Sizes and PDIs in a desired range, however, do not automatically guarantee superior biological activity of target nanoparticles in vitro or in vivo. On the one hand, nanoparticles produced with controlled methods might show improved formulation characteristics and equal (but not better) biological activity. Members from our lab, for example, demonstrated the reproducible production of polyplexes from pDNA and LPEI (linear polyethylene imine) with an up-scaled micro-mixer. Compared with manually formulated polyplexes, both formulations showed comparable biological activity in vitro [
23]. On the other hand, formulations with larger PDIs and sizes might show apparently better transfection efficiencies in vitro. This is usually due to large particles literally “dropping” on the cells fixed to the bottom of the cell culture flask. A formulation with these properties, however, might fail in vivo.

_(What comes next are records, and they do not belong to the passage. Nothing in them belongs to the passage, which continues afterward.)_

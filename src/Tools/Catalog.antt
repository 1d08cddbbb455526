-- ===== src/Tools/Catalog.antt =====
-- crates/santi-runtime/src/runtime/tools/catalog.rs: what a provider is told of the tools.
use santi.Base.{String, false, List, [], ◌∷◌}
use santi.Base.Texts.{join}
use santi.Model.Json.{Value, Items}
use santi.Model.Provider.{ProviderTool}
use santi.Tools.Results.{object_of}

abbrev tooling_lines : List String
tooling_lines =
    "<santi-tools>" ∷ "Available tools:"
    ∷ "- write_soul_memory(text: string): replace the current soul_memory core index text."
    ∷ "- write_session_memory(text: string): replace the current session_memory core index text."
    ∷ "- bash(command: string, cwd?: string): run a local bash command inside the current execution workspace."
    ∷ "Rules:"
    ∷ "- soul_memory and session_memory are replace-whole core indexes, not append-only note stores."
    ∷ "- Use write_soul_memory or write_session_memory only when you intend to replace the full core index text for that layer."
    ∷ "- Do not pretend that repeated memory writes create separate durable note objects."
    ∷ "- When the user wants multiple notes, structured records, drafts, or richer memory material, use bash with SANTI_SOUL_MEMORY_DIR or SANTI_SESSION_MEMORY_DIR to manage files, then optionally refresh the corresponding core index."
    ∷ "- Treat the core memory text as the stable index and the *_MEMORY_DIR directories as free-form working memory spaces."
    ∷ "- Use bash when the user asks you to inspect or run something in the local workspace, especially when working with files inside SANTI_SOUL_MEMORY_DIR or SANTI_SESSION_MEMORY_DIR."
    ∷ "- Prefer a single bash call that contains the exact command sequence needed for the current task."
    ∷ "- Bash stdout/stderr are captured to runtime artifact files. Normal tool output is truncated in the stored tool result when it is large; model-facing tool output uses a short preview plus original sizes and artifact paths so the next reply can continue without repeating large stdout/stderr."
    ∷ "- If bash output exceeds the hard runtime limit or the command times out, treat the tool result as incomplete and explain the fallback."
    ∷ "- Inside the container runtime, prefer plain HTTPS git URLs for GitHub clones (for example `git clone https://github.com/owner/repo.git`)."
    ∷ "- Do not rely on SSH GitHub clone paths inside the container unless the runtime explicitly says SSH is available."
    ∷ "- When GitHub tokens are present, the bash tool automatically rewrites plain `https://github.com/...` git operations to authenticated HTTPS for that command."
    ∷ "- Prefer `git clone https://github.com/...` over `gh repo clone` for private GitHub workspace bootstrap inside the container."
    ∷ "- Do not claim memory has been updated unless the tool call has completed."
    ∷ "- After a successful memory update, reply briefly and do not repeat the saved content unless the user asks."
    ∷ "</santi-tools>" ∷ []

unfoldable pub tooling_instructions : String
unfolding join
tooling_instructions = join "\n" tooling_lines

abbrev text_parameter : String → Value
text_parameter description =
    object_of (("type", Value.text "string") ∷ ("description", Value.text description) ∷ [])

-- An object of these properties, one of which is required.
abbrev parameters : List (String × Value) → String → Value
parameters properties required = object_of (
    ("type", Value.text "object")
    ∷ ("properties", object_of properties)
    ∷ ("required", Value.array (Items.cons (Value.text required) Items.nil))
    ∷ ("additionalProperties", Value.bool false)
    ∷ [])

unfoldable pub provider_tools : List ProviderTool
provider_tools =
    ProviderTool.function (record {
      name = "write_soul_memory";
      description = "Replace the current soul_memory core index text.";
      parameters =
          parameters
            ((
              "text",
              text_parameter "The full replacement text for the current soul_memory core index.",
            )
              ∷ [])
            "text";
    })
    ∷ ProviderTool.function (record {
      name = "write_session_memory";
      description = "Replace the current session_memory core index text.";
      parameters =
          parameters
            ((
              "text",
              text_parameter "The full replacement text for the current session_memory core index.",
            )
              ∷ [])
            "text";
    })
    ∷ ProviderTool.function (record {
      name = "bash";
      description = "Run a local bash command inside the current execution workspace.";
      parameters =
          parameters
            (("command", text_parameter "The bash command to execute.")
              ∷ (
                "cwd",
                text_parameter
                    "Optional working directory. Relative paths resolve from the session fallback cwd.",
              )
              ∷ [])
            "command";
    })
    ∷ []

All in all, the application of this versatile software enables the creation and automated execution of a sophisticated program consisting of many individual steps in order to increase control over the formulation process of nanoparticles and foster reproducibility, which will be most relevant for pharmaceutical production.

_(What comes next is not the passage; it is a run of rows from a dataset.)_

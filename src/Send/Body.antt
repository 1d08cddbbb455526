-- ===== src/Send/Body.antt =====
-- crates/santi-runtime/src/session/send/turn/body.rs: the requests to the provider, the calls of
-- tools between them, and the message that the turn ends with. `loop` runs on fuel, one for each
-- request; it gives none when it has not ended by then.
use santi.Base.{ℕ, zero, suc, String, Bool, Option, none, some, List, [], ◌∷◌, ◌++◌}
use santi.Base.Texts.{format}
use santi.Base.Exec.{Exec, Result, ok, err, pure, raise, ◌>>=◌, ◌>>◌}
use santi.Model.Error.{Error}
use santi.Model.Session.{Turn}
use santi.Model.Provider.{ProviderRequest, ProviderEvent, ProviderFunctionCall, FunctionCallOutput}
use santi.Store.Items.{append_tool_call, append_tool_result}
use santi.Runtime.{World, call}
use santi.Runtime.Channel.{SendSessionError, SendSessionEvent}
use santi.Tools.{dispatch}
use santi.Tools.Catalog.{provider_tools}
use santi.Send.{SessionTurnService, SendIds, StartupContext, map_core_error, send}

-- The variables of the loop.
pub record LoopState : Type 0 where
  pub assistant_text : String
  pub previous_response_id : Option String
  pub function_call_outputs : Option (List FunctionCallOutput)

-- What the events of one stream have given so far.
pub record Streamed : Type 0 where
  pub text : String
  pub previous : Option String
  pub calls : List ProviderFunctionCall
  pub completed_response_id : Option String

abbrev pub input_of : {A : Type 0} → Option String → List A → List A
input_of (some id) input = []
input_of none input = input

abbrev pub provider_request : SessionTurnService → StartupContext → LoopState → ProviderRequest
provider_request service startup l = record {
  model = service.model;
  instructions = startup.instructions;
  input = input_of l.previous_response_id startup.provider_input;
  tools = some provider_tools;
  previous_response_id = l.previous_response_id;
  function_call_outputs = l.function_call_outputs;
}

abbrev pub completed_with : Option String → Option String → Option String
completed_with (some id) before = some id
completed_with none before = before

-- The inner loop. What follows a `Completed` is not read.
unfoldable pub collect :
    Bool → List (Result Error ProviderEvent) → Streamed → Exec World SendSessionError Streamed
unfolding send map_core_error format
collect tx [] r = pure r
collect tx (err e ∷ events) r = raise (map_core_error e)
collect tx (ok (ProviderEvent.output_text_delta delta) ∷ events) r = do
  send tx (ok (SendSessionEvent.output_text_delta delta))
  collect tx events (record r { text = format (r.text ∷ delta ∷ []) })
collect tx (ok (ProviderEvent.function_call_requested requested) ∷ events) r =
    collect tx events
      (record r { previous = some requested.response_id; calls = r.calls ++ requested ∷ [] })
collect tx (ok (ProviderEvent.completed response_id) ∷ events) r =
    pure (record r { completed_response_id = completed_with response_id r.completed_response_id })

unfoldable pub handle_tool_call :
    SessionTurnService
    → StartupContext
    → Turn
    → String
    → ProviderFunctionCall
    → Exec World SendSessionError FunctionCallOutput
unfolding append_tool_call append_tool_result dispatch map_core_error
handle_tool_call service startup turn tool_result_id requested = do
  call map_core_error (
      append_tool_call (record {
        tool_call_id = requested.call_id;
        turn_id = turn.id;
        tool_name = requested.name;
        arguments = requested.arguments;
      }))
  dispatch_result ←
      call SendSessionError.internal (dispatch service.tools startup.runtime_context requested)
  call map_core_error (
      append_tool_result (record {
        tool_result_id = tool_result_id;
        tool_call_id = requested.call_id;
        output = some dispatch_result.tool_output;
        error_text = none;
      }))
  pure dispatch_result.function_call_output

unfoldable pub handle_tool_calls :
    SessionTurnService
    → StartupContext
    → Turn
    → (ℕ → String)
    → ℕ
    → List ProviderFunctionCall
    → Exec World SendSessionError (List FunctionCallOutput)
unfolding handle_tool_call
handle_tool_calls service startup turn ids i [] = pure []
handle_tool_calls service startup turn ids i (requested ∷ calls) = do
  output ← handle_tool_call service startup turn (ids i) requested
  outputs ← handle_tool_calls service startup turn ids (suc i) calls
  pure (output ∷ outputs)

abbrev pub streaming : LoopState → Streamed
streaming l = record {
  text = l.assistant_text;
  previous = l.previous_response_id;
  calls = [];
  completed_response_id = none;
}

-- `if previous_response_id.is_none() { previous_response_id = completed_response_id }`.
abbrev pub last_response : Streamed → LoopState
last_response r = record {
  assistant_text = r.text;
  previous_response_id = completed_with r.previous r.completed_response_id;
  function_call_outputs = none;
}

module _ (service : SessionTurnService) (ids : SendIds) (tx : Bool) (startup : StartupContext)
    (turn : Turn) where
  abbrev pub stream_of : ℕ → LoopState → List (Result Error ProviderEvent)
  stream_of n l = service.provider n (provider_request service startup l)

  abbrev pub next_loop : Streamed → List FunctionCallOutput → LoopState
  next_loop r outputs = record {
    assistant_text = r.text;
    previous_response_id = r.previous;
    function_call_outputs = some outputs;
  }

  -- One turn of the loop: none goes on.
  pub data Round : Type 0 where
    last : LoopState → Round
    more : LoopState → Round

  abbrev pub after_stream :
      ℕ → Streamed → List ProviderFunctionCall → Exec World SendSessionError Round
  after_stream n r [] = pure (last (last_response r))
  after_stream n r (requested ∷ calls) = do
    outputs ← handle_tool_calls service startup turn (ids.tool_result_id n) 0 (requested ∷ calls)
    pure (more (next_loop r outputs))

  unfoldable pub run_round : ℕ → LoopState → Exec World SendSessionError Round
  unfolding collect handle_tool_calls provider_tools
  run_round n l = do r ← collect tx (stream_of n l) (streaming l); after_stream n r r.calls

  abbrev pub go_on :
      (LoopState → World → Option (Result SendSessionError LoopState × World))
      → Result SendSessionError Round × World
      → Option (Result SendSessionError LoopState × World)
  go_on next (err e, w) = some (err e, w)
  go_on next (ok (last l), w) = some (ok l, w)
  go_on next (ok (more l), w) = next l w

  unfoldable pub run_loop :
      ℕ → ℕ → LoopState → World → Option (Result SendSessionError LoopState × World)
  unfolding run_round
  run_loop zero n l w = none
  run_loop (suc fuel) n l w = go_on (run_loop fuel (suc n)) (run_round n l w)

The next step on the course to automation is the integration of a fraction collector. The device developed here was designed to work with any standard well plate to realize product collection and separation. It is independent of the previously mentioned setup, which makes it suitable for a wide range of applications. It can be integrated into the target automated process, but it can also be used to gather products produced manually. Overall, it is a versatile addition to any product formulation setup relieving the user of additional manual labor.
A well-known disadvantage of microfluidic systems is the scalability problem [
24]. Due to the utilization of fluid phenomena—for example, laminar flow—which are only present under certain conditions, the throughput of one microfluidic chip cannot be escalated indefinitely [
25]. The obvious solution to employ parallelization is a valid suggestion, but product output does only scale linearly in relation to dedicated resources at the current development stage of the system due to the many individual steps involved in setting up the device. However, a possible solution is already designed in the system. Since the setup is modular, any part of it can easily be replaced by a more efficient one [
40].
Placing the complete system into a laminar flow cabinet is a next obvious step for pharmaceutical applications. In the described work, nanoparticles were formulated outside of the cabinet and subsequently transferred inside for in vitro transfections of cells. With the complete system inside the cabinet, direct application of the product to the target cells could be achieved, which would decrease the influences of external factors and human interactions even further.